Aim of the task | Exactly as written, copy the lines that run from the start of the data below to the line containing "-- The messages of the first turns.", both ends included.

━━━ Data under study

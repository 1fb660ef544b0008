-- ===== src/Ingestor/Poll.antt =====
-- consumer.py, `_poll_batch`: what the loop meets, one entry for each turn.
use agentic_ml_engineering_l.Base.{
  ℕ, zero, suc, ◌+◌, ◌≤◌, ◌<◌, String, Bool, true, false, ◌&&◌, Option, none, some, List, [], ◌∷◌,
  ◌++◌, ◌≡◌, refl, length, length-append, ltb, arith, inl, inr, Bool-cases, ◌⊎◌, ◌∙◌, sym, ap,
}
use native.Mathlib.Decide.{dec_le}
use mathlib.Core.List.{append-nil, append_assoc}
use agentic_ml_engineering_l.Ingestor.{Settings, Message}

-- What `consumer.poll` returns: None, the end of a partition, another error, or a message.
pub data Polled (B : Type 0) : Type 0 where
  nothing : Polled B
  partition_eof : Polled B
  error : String → Polled B
  arrived : Message B → Polled B

-- The clock at the test, whether the stop event is set, and what the poll returns.
pub record Turn (B : Type 0) : Type 0 where
  pub time : ℕ
  pub stopping : Bool
  pub polled : Polled B

module _ {B : Type 0} where
  -- An error is logged, unless it is the end of a partition; only a message is kept.
  abbrev pub keep : List (Message B) → Polled B → List (Message B)
  keep batch (arrived m) = batch ++ m ∷ []
  keep batch nothing = batch
  keep batch partition_eof = batch
  keep batch (error text) = batch

  -- The loop; `none` says that the list of turns is too short.
  unfoldable pub poll_loop : ℕ → ℕ → List (Message B) → List (Turn B) → Option (List (Message B))
  poll_loop size deadline batch [] = none
  poll_loop size deadline batch (t ∷ turns) =
      elim (ltb (length batch) size && ltb t.time deadline) [
        | false ↦ some batch
        | true ↦ elim t.stopping [
          | true ↦ some batch
          | false ↦ poll_loop size deadline (keep batch t.polled) turns
        ]
      ]

  unfoldable pub poll_batch : Settings → ℕ → List (Turn B) → Option (List (Message B))
  unfolding poll_loop
  poll_batch s now turns = poll_loop s.batch_size (now + s.batch_timeout) [] turns

  abbrev pub message_of : Polled B → List (Message B)
  message_of (arrived m) = m ∷ []
  message_of nothing = []
  message_of partition_eof = []
  message_of (error text) = []

  -- The messages of the first turns.
  abbrev pub arrivals : ℕ → List (Turn B) → List (Message B)
  arrivals n [] = []
  arrivals zero (t ∷ turns) = []
  arrivals (suc n) (t ∷ turns) = message_of t.polled ++ arrivals n turns

  keep-append : (batch : List (Message B)) (p : Polled B) → keep batch p ≡ batch ++ message_of p
  keep-append batch (arrived m) = refl
  keep-append batch nothing = sym (append-nil batch)
  keep-append batch partition_eof = sym (append-nil batch)
  keep-append batch (error text) = sym (append-nil batch)

  length-keep-le :
      (batch : List (Message B)) (p : Polled B) → length (keep batch p) ≤ length batch + 1
  length-keep-le batch (arrived m) = omega (arith, length-append batch (m ∷ []))
  length-keep-le batch nothing = omega arith
  length-keep-le batch partition_eof = omega arith
  length-keep-le batch (error text) = omega arith

  abbrev pub Expires : ℕ → Turn B → Type 0
  Expires deadline t = (t.stopping ≡ true) ⊎ (deadline ≤ t.time)

  -- Some turn at which the clock has passed the deadline, or the stop event is set.
  abbrev pub Ends : ℕ → List (Turn B) → Type 0
  Ends deadline [] = ⊥
  Ends deadline (t ∷ turns) = Expires deadline t ⊎ Ends deadline turns

  -- The first turns of a number begin before the deadline, with the stop event not set.
  abbrev pub Taken : ℕ → ℕ → List (Turn B) → Type 0
  Taken deadline zero turns = Unit
  Taken deadline (suc n) [] = ⊥
  Taken deadline (suc n) (t ∷ turns) =
      (t.stopping ≡ false) × (t.time < deadline) × Taken deadline n turns

  -- The turn behind the first n is at the deadline, or the stop event is set there.
  abbrev pub ExpiresAfter : ℕ → ℕ → List (Turn B) → Type 0
  ExpiresAfter deadline n [] = ⊥
  ExpiresAfter deadline zero (t ∷ turns) = Expires deadline t
  ExpiresAfter deadline (suc n) (t ∷ turns) = ExpiresAfter deadline n turns

  -- The result of the loop: every message of its first n turns behind what there was, no more than
  -- fit; each of the n turns begins before the deadline and with no stop; and behind them the batch
  -- is full, or the next turn is at the deadline or stopped.
  unfoldable pub Fits : ℕ → ℕ → List (Message B) → List (Turn B) → List (Message B) → Type 0
  Fits size deadline batch turns result =
      (n : ℕ) × (result ≡ batch ++ arrivals n turns)
      × Taken deadline n turns
      × (length result ≤ size)
      × ((length result ≡ size) ⊎ ExpiresAfter deadline n turns)

  Fits-now :
      (size deadline : ℕ) (batch : List (Message B)) (t : Turn B) (turns : List (Turn B))
      → length batch ≤ size
      → (length batch ≡ size) ⊎ Expires deadline t
      → Fits size deadline batch (t ∷ turns) batch
  unfolding Fits
  Fits-now size deadline batch t turns h e = (0, sym (append-nil batch), tt, h, e)

  Fits-later :
      (size deadline : ℕ) (batch : List (Message B)) (t : Turn B) (turns : List (Turn B))
      (result : List (Message B))
      → t.stopping ≡ false
      → t.time < deadline
      → Fits size deadline (keep batch t.polled) turns result
      → Fits size deadline batch (t ∷ turns) result
  unfolding Fits
  Fits-later size deadline batch t turns result on before (n, e, taken, l, end) = (
    suc n,
    e
        ∙ ap (λ h. h ++ arrivals n turns) (keep-append batch t.polled)
        ∙ append_assoc batch (message_of t.polled) (arrivals n turns),
    (on, before, taken),
    l,
    end,
  )

  -- The three ways through a turn.
  poll_loop_full :
      (size deadline : ℕ) (batch : List (Message B)) (t : Turn B) (turns : List (Turn B))
      → (ltb (length batch) size && ltb t.time deadline) ≡ false
      → poll_loop size deadline batch (t ∷ turns) ≡ some batch
  unfolding poll_loop
  poll_loop_full size deadline batch t turns h = rw (h, poll_loop)

  poll_loop_stop :
      (size deadline : ℕ) (batch : List (Message B)) (t : Turn B) (turns : List (Turn B))
      → (ltb (length batch) size && ltb t.time deadline) ≡ true
      → t.stopping ≡ true
      → poll_loop size deadline batch (t ∷ turns) ≡ some batch
  unfolding poll_loop
  poll_loop_stop size deadline batch t turns h k = rw (h, k, poll_loop)

  poll_loop_next :
      (size deadline : ℕ) (batch : List (Message B)) (t : Turn B) (turns : List (Turn B))
      → (ltb (length batch) size && ltb t.time deadline) ≡ true
      → t.stopping ≡ false
      → poll_loop size deadline batch (t ∷ turns)
        ≡ poll_loop size deadline (keep batch t.polled) turns
  unfolding poll_loop
  poll_loop_next size deadline batch t turns h k = rw (h, k, poll_loop)

  Ends-later :
      (deadline : ℕ) (t : Turn B) (turns : List (Turn B)) (b : Bool)
      → (b && ltb t.time deadline) ≡ true
      → t.stopping ≡ false
      → Ends deadline (t ∷ turns)
      → Ends deadline turns
  Ends-later deadline t turns b h k (inl (inl stop)) = cc
  Ends-later deadline t turns b h k (inl (inr late)) = absurd (ground arith)
  Ends-later deadline t turns b h k (inr later) = later

  -- A test that fails: the batch is full, or the deadline has passed.
  stops :
      (size n deadline : ℕ) (t : Turn B)
      → n ≤ size
      → (ltb n size && ltb t.time deadline) ≡ false
      → (n ≡ size) ⊎ Expires deadline t
  stops size n deadline t h e = elim (dec_le size n) [
    | yes full ↦ inl (omega arith)
    | no more ↦ inr (inr (ground arith))
  ]

  poll_loop-Fits :
      (size deadline : ℕ) (batch : List (Message B)) (turns : List (Turn B))
      → length batch ≤ size
      → Ends deadline turns
      → (result : List (Message B)) × (poll_loop size deadline batch turns ≡ some result)
        × Fits size deadline batch turns result
  poll_loop-Fits size deadline batch [] h e = elim e [ ]
  poll_loop-Fits size deadline batch (t ∷ turns) h e =
      elim (Bool-cases (ltb (length batch) size && ltb t.time deadline)) [
        | inr stop ↦ (
          batch,
          poll_loop_full size deadline batch t turns stop,
          Fits-now size deadline batch t turns h (stops size (length batch) deadline t h stop),
        )
        | inl go ↦ elim (Bool-cases t.stopping) [
          | inl stop ↦ (
            batch,
            poll_loop_stop size deadline batch t turns go stop,
            Fits-now size deadline batch t turns h (inr (inl stop)),
          )
          | inr on ↦
              let (result, q, f) =
                poll_loop-Fits size deadline (keep batch t.polled) turns
                  (ground (arith, length-keep-le batch t.polled))
                  (Ends-later deadline t turns (ltb (length batch) size) go on e) in
              (
                result,
                poll_loop_next size deadline batch t turns go on ∙ q,
                Fits-later size deadline batch t turns result on (ground arith) f,
              )
        ]
      ]

-- If the deadline passes or the stop event is set at some turn, `_poll_batch` returns: every message
-- that the turns it takes poll, in their order, with no error among them and at most `batch_size` of
-- them. Each turn it takes begins before the deadline and with the stop event not set, and it takes no
-- further turn only because the batch is full, or because the next one is at the deadline or stopped.
pub poll_batch-Fits :
    {B : Type 0} (s : Settings) (now : ℕ) (turns : List (Turn B))
    → Ends (now + s.batch_timeout) turns
    → (result : List (Message B)) × (poll_batch s now turns ≡ some result)
      × Fits s.batch_size (now + s.batch_timeout) [] turns result
unfolding poll_batch
poll_batch-Fits s now turns e =
    poll_loop-Fits s.batch_size (now + s.batch_timeout) [] turns (omega arith) e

━━━━━━

Answer area |
repository 1fb660ef544b0008
-- ===== src/Ingestor/Poll.antt =====
-- consumer.py, `_poll_batch`: what the loop meets, one entry for each turn.
use agentic_ml_engineering_l.Base.{
  ℕ, zero, suc, ◌+◌, ◌≤◌, ◌<◌, String, Bool, true, false, ◌&&◌, Option, none, some, List, [], ◌∷◌,
  ◌++◌, ◌≡◌, refl, length, length-append, ltb, arith, inl, inr, Bool-cases, ◌⊎◌, ◌∙◌, sym, ap,
}
use native.Mathlib.Decide.{dec_le}
use mathlib.Core.List.{append-nil, append_assoc}
use agentic_ml_engineering_l.Ingestor.{Settings, Message}

-- What `consumer.poll` returns: None, the end of a partition, another error, or a message.
pub data Polled (B : Type 0) : Type 0 where
  nothing : Polled B
  partition_eof : Polled B
  error : String → Polled B
  arrived : Message B → Polled B

-- The clock at the test, whether the stop event is set, and what the poll returns.
pub record Turn (B : Type 0) : Type 0 where
  pub time : ℕ
  pub stopping : Bool
  pub polled : Polled B

module _ {B : Type 0} where
  -- An error is logged, unless it is the end of a partition; only a message is kept.
  abbrev pub keep : List (Message B) → Polled B → List (Message B)
  keep batch (arrived m) = batch ++ m ∷ []
  keep batch nothing = batch
  keep batch partition_eof = batch
  keep batch (error text) = batch

  -- The loop; `none` says that the list of turns is too short.
  unfoldable pub poll_loop : ℕ → ℕ → List (Message B) → List (Turn B) → Option (List (Message B))
  poll_loop size deadline batch [] = none
  poll_loop size deadline batch (t ∷ turns) =
      elim (ltb (length batch) size && ltb t.time deadline) [
        | false ↦ some batch
        | true ↦ elim t.stopping [
          | true ↦ some batch
          | false ↦ poll_loop size deadline (keep batch t.polled) turns
        ]
      ]

  unfoldable pub poll_batch : Settings → ℕ → List (Turn B) → Option (List (Message B))
  unfolding poll_loop
  poll_batch s now turns = poll_loop s.batch_size (now + s.batch_timeout) [] turns

  abbrev pub message_of : Polled B → List (Message B)
  message_of (arrived m) = m ∷ []
  message_of nothing = []
  message_of partition_eof = []
  message_of (error text) = []

  -- The messages of the first turns.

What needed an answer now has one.